REQUIRED ACTION: Please tell how many of the lines below contain "kept", using only a number.

═════ DATA UNDER STUDY ═════

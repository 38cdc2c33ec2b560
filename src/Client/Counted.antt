-- ===== src/Client/Counted.antt =====
-- common/connectionmanager.cpp, `m_scopedHandlers`: how many registrations care where a message
-- entered the mesh.
use wisp.Prelude.{
  ◌≡◌, refl, sym, ap, ◌∙◌, inl, inr, Bool-cases, Option-cases, Bool, not, ◌&&◌, Option, none, some,
  List, [], ◌∷◌, ◌++◌, ◌==◌, nat_eq, Bytes, bytes_eq, if◌then◌else◌, arith, if_both, ℕ, suc, ◌+◌,
  ◌%◌, ◌^◌,
}
use wisp.Prelude.Map.{Map, lookup, keys, insert_ordered, erase}
use wisp.Prelude.Sorted.{
  Ordered, total, at, insert_ordered-Ordered, erase-Ordered, total-insert_ordered, total-erase,
}
use wisp.Keys.{Origin, origin_eq}
use wisp.Wire.{Envelope}
use wisp.Client.State.{
  CallbackEntry, Client, Worker, increment, decrement, union_scope, send_raw_envelope,
}
use wisp.Client.Registration.{
  callbacks_at, with_callback, announce, withdraw, narrow, settle, announce_each,
  perform_registration, perform_unregistration, resubscribe_all, on_status, without_instance,
  uncount_scoped,
}
use wisp.Client.Told.{Step, Steps}

-- The registrations of one topic that care.
abbrev pub scoped : List CallbackEntry → ℕ
scoped [] = 0
scoped (entry ∷ callbacks) =
    let rest = scoped callbacks in if entry.scope == Origin.any then rest else suc rest

-- The handlers in the order of their topics, and the counter at their number, modulo 2 ^ 64.
abbrev pub Counts : Map (List CallbackEntry) → ℕ → Type 0
Counts handlers n = Ordered handlers × (n ≡ total scoped handlers % 2 ^ 64)

abbrev pub IsCounted : Client → Type 0
IsCounted c = Counts c.handlers c.scoped_handlers

scoped-append :
    (callbacks : List CallbackEntry) (entry : CallbackEntry)
    → scoped (callbacks ++ entry ∷ []) ≡ scoped callbacks + scoped (entry ∷ [])
scoped-append [] entry = omega arith
scoped-append (x ∷ callbacks) entry = ground (arith, scoped-append callbacks entry)

increment_lem : (x : ℕ) → increment (x % 2 ^ 64) ≡ (x + 1) % 2 ^ 64
increment_lem x = omega arith

decrement_lem : (x n : ℕ) → decrement ((x + suc n) % 2 ^ 64) ≡ (x + n) % 2 ^ 64
decrement_lem x n = omega arith

-- The loop of an unregistration takes the entries that it drops off the counter.
uncount_scoped_lem :
    (i : ℕ) (callbacks : List CallbackEntry) (x : ℕ)
    → uncount_scoped i callbacks ((x + scoped callbacks) % 2 ^ 64)
      ≡ (x + scoped (without_instance i callbacks)) % 2 ^ 64
unfolding uncount_scoped without_instance
uncount_scoped_lem i [] x = refl
uncount_scoped_lem i (entry ∷ callbacks) x = elim (Bool-cases (entry.instance_key == i)) [
  | inl gone ↦ elim (Bool-cases (entry.scope == Origin.any)) [
    | inl any ↦ rw (gone, any) (uncount_scoped_lem i callbacks x)
    | inr cares ↦
        rw (gone, cares, decrement_lem x (scoped callbacks)) (uncount_scoped_lem i callbacks x)
  ]
  | inr kept ↦ elim (Bool-cases (entry.scope == Origin.any)) [
    | inl any ↦ rw (kept, any) (uncount_scoped_lem i callbacks x)
    | inr cares ↦
        rw (kept, cares)
          (ap (λ n. uncount_scoped i callbacks (n % 2 ^ 64)) (shift (scoped callbacks))
            ∙ uncount_scoped_lem i callbacks (suc x)
            ∙ ap (λ n. n % 2 ^ 64) (sym (shift (scoped (without_instance i callbacks)))))
  ]
]
  where
    shift : (n : ℕ) → x + suc n ≡ suc x + n
    shift n = omega arith

-- Sending changes neither the handlers nor the counter.
send_raw_envelope-IsCounted :
    (w : Worker) (c : Client) (e : Envelope) → IsCounted c → IsCounted (send_raw_envelope w c e).0
unfolding send_raw_envelope
send_raw_envelope-IsCounted w c e h = ground arith

announce-IsCounted :
    (w : Worker) (c : Client) (key : Bytes) → IsCounted c → IsCounted (announce w c key)
unfolding announce
announce-IsCounted w c key h = send_raw_envelope-IsCounted w c _ h

announce_each-IsCounted :
    (w : Worker) (topics : List Bytes) (c : Client)
    → IsCounted c
    → IsCounted (announce_each w topics c)
unfolding announce_each
announce_each-IsCounted w [] c h = h
announce_each-IsCounted w (t ∷ topics) c h =
    announce_each-IsCounted w topics (announce w c t) (announce-IsCounted w c t h)

stored-total :
    (key : Bytes) (next : List CallbackEntry) (m : Map (List CallbackEntry))
    → Ordered m
    → total scoped (insert_ordered key next m) ≡ total scoped (erase key m) + scoped next
stored-total key next m o =
    omega (arith, total-insert_ordered scoped key next m o, total-erase scoped key m o)

callbacks_at-total :
    (c : Client) (key : Bytes)
    → Ordered c.handlers
    → total scoped c.handlers ≡ total scoped (erase key c.handlers) + scoped (callbacks_at c key)
callbacks_at-total c key o =
    sym (total-erase scoped key c.handlers o)
    ∙ ap (λ n. total scoped (erase key c.handlers) + n) (at-or_empty (lookup key c.handlers))
  where
    at-or_empty :
        (found : Option (List CallbackEntry))
        → at scoped found ≡ scoped (elim found [ none ↦ [] | some callbacks ↦ callbacks ])
    at-or_empty none = refl
    at-or_empty (some callbacks) = refl

with_callback-IsCounted :
    (c : Client) (key : Bytes) (entry : CallbackEntry)
    → IsCounted c
    → IsCounted (with_callback c key entry)
unfolding with_callback
with_callback-IsCounted c key entry h = (insert_ordered-Ordered key next c.handlers h.0, counted)
  where
    next : List CallbackEntry
    next = callbacks_at c key ++ entry ∷ []

    grown :
        total scoped (insert_ordered key next c.handlers)
        ≡ total scoped c.handlers + scoped (entry ∷ [])
    grown = omega (
      arith,
      stored-total key next c.handlers h.0,
      callbacks_at-total c key h.0,
      scoped-append (callbacks_at c key) entry,
    )

    counted :
        (if entry.scope == Origin.any then c.scoped_handlers else increment c.scoped_handlers)
        ≡ total scoped (insert_ordered key next c.handlers) % 2 ^ 64
    counted = elim (Bool-cases (entry.scope == Origin.any)) [
      | inl any ↦ rw (grown, any) (omega (arith, h.1))
      | inr cares ↦ rw (grown, cares, h.1) (omega arith)
    ]

perform_registration-IsCounted :
    (w : Worker) (c : Client) (key : Bytes) (entry : CallbackEntry)
    → IsCounted c
    → IsCounted (perform_registration w c key entry)
unfolding perform_registration
perform_registration-IsCounted w c key entry h =
    if_both IsCounted c.is_connected _ _
      (λ on. announce-IsCounted w _ key (with_callback-IsCounted c key entry h))
      (λ off. with_callback-IsCounted c key entry h)

-- The handlers and the counter that an unregistration leaves, by what is left of the topic.
settle-IsCounted :
    (w : Worker) (c : Client) (key : Bytes) (scope_before : Origin) (next : List CallbackEntry)
    → Ordered c.handlers
    → c.scoped_handlers ≡ (total scoped (erase key c.handlers) + scoped next) % 2 ^ 64
    → IsCounted (settle w c key scope_before next)
unfolding settle withdraw narrow
settle-IsCounted w c key scope_before [] o h =
    send_raw_envelope-IsCounted w _ _ (erase-Ordered key c.handlers o, omega (arith, h))
settle-IsCounted w c key scope_before (entry ∷ rest) o h =
    if_both IsCounted (c.is_connected && not (union_scope (entry ∷ rest) == scope_before)) _ _
      (λ on. announce-IsCounted w _ key narrowed) (λ off. narrowed)
  where
    narrowed : Counts (insert_ordered key (entry ∷ rest) c.handlers) c.scoped_handlers
    narrowed = (
      insert_ordered-Ordered key (entry ∷ rest) c.handlers o,
      omega (arith, h, stored-total key (entry ∷ rest) c.handlers o),
    )

perform_unregistration-IsCounted :
    (w : Worker) (c : Client) (key : Bytes) (i : ℕ)
    → IsCounted c
    → IsCounted (perform_unregistration w c key i)
unfolding perform_unregistration
perform_unregistration-IsCounted w c key i h = elim (Option-cases (lookup key c.handlers)) [
  | inl e ↦ rw (e, perform_unregistration) h
  | inr (hs, e) ↦
      rw (e, perform_unregistration)
        (settle-IsCounted w (record c { scoped_handlers = uncount_scoped i hs c.scoped_handlers })
          key (union_scope hs) (without_instance i hs) h.0
          (rw (h.1, sym (total-erase scoped key c.handlers h.0), e)
            (uncount_scoped_lem i hs (total scoped (erase key c.handlers)))))
]

resubscribe_all-IsCounted :
    (w : Worker) (c : Client) → IsCounted c → IsCounted (resubscribe_all w c)
unfolding resubscribe_all
resubscribe_all-IsCounted w c h = announce_each-IsCounted w (keys c.handlers) c h

on_status-IsCounted :
    (w : Worker) (c : Client) (online : Bool) → IsCounted c → IsCounted (on_status w c online)
unfolding on_status
on_status-IsCounted w c online h =
    if_both IsCounted online _ _
      (λ on.
        resubscribe_all-IsCounted w _
          (send_raw_envelope-IsCounted w (record c { is_connected = online }) _ h))
      (λ off. h)

Step-IsCounted : (w : Worker) {a b : Client} → Step w a b → IsCounted a → IsCounted b
unfolding wisp.Client.State.learn_broker_id
Step-IsCounted w (Step.registers {c} key entry) h = perform_registration-IsCounted w c key entry h
Step-IsCounted w (Step.unregisters {c} key i) h = perform_unregistration-IsCounted w c key i h
Step-IsCounted w (Step.turns {c} online) h = on_status-IsCounted w c online h
Step-IsCounted w (Step.resets {c}) h = resubscribe_all-IsCounted w c h
Step-IsCounted w (Step.publishes {c} e plain other) h = send_raw_envelope-IsCounted w c e h
Step-IsCounted w (Step.attends {c} t) h = h
Step-IsCounted w (Step.learns {c} broker_id) h =
    if_both IsCounted (broker_id == []) _ _ (λ nameless. h) (λ named. h)

-- Whatever a client goes through, and whether or not its worker takes the messages: the counter
-- stays the number of the registrations with a narrowed scope, modulo 2 ^ 64.
pub Steps-IsCounted : (w : Worker) {a b : Client} → Steps w a b → IsCounted a → IsCounted b
Steps-IsCounted w Steps.still h = h
Steps-IsCounted w (Steps.step one more) h = Steps-IsCounted w more (Step-IsCounted w one h)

═════

SOLUTION BELOW: 3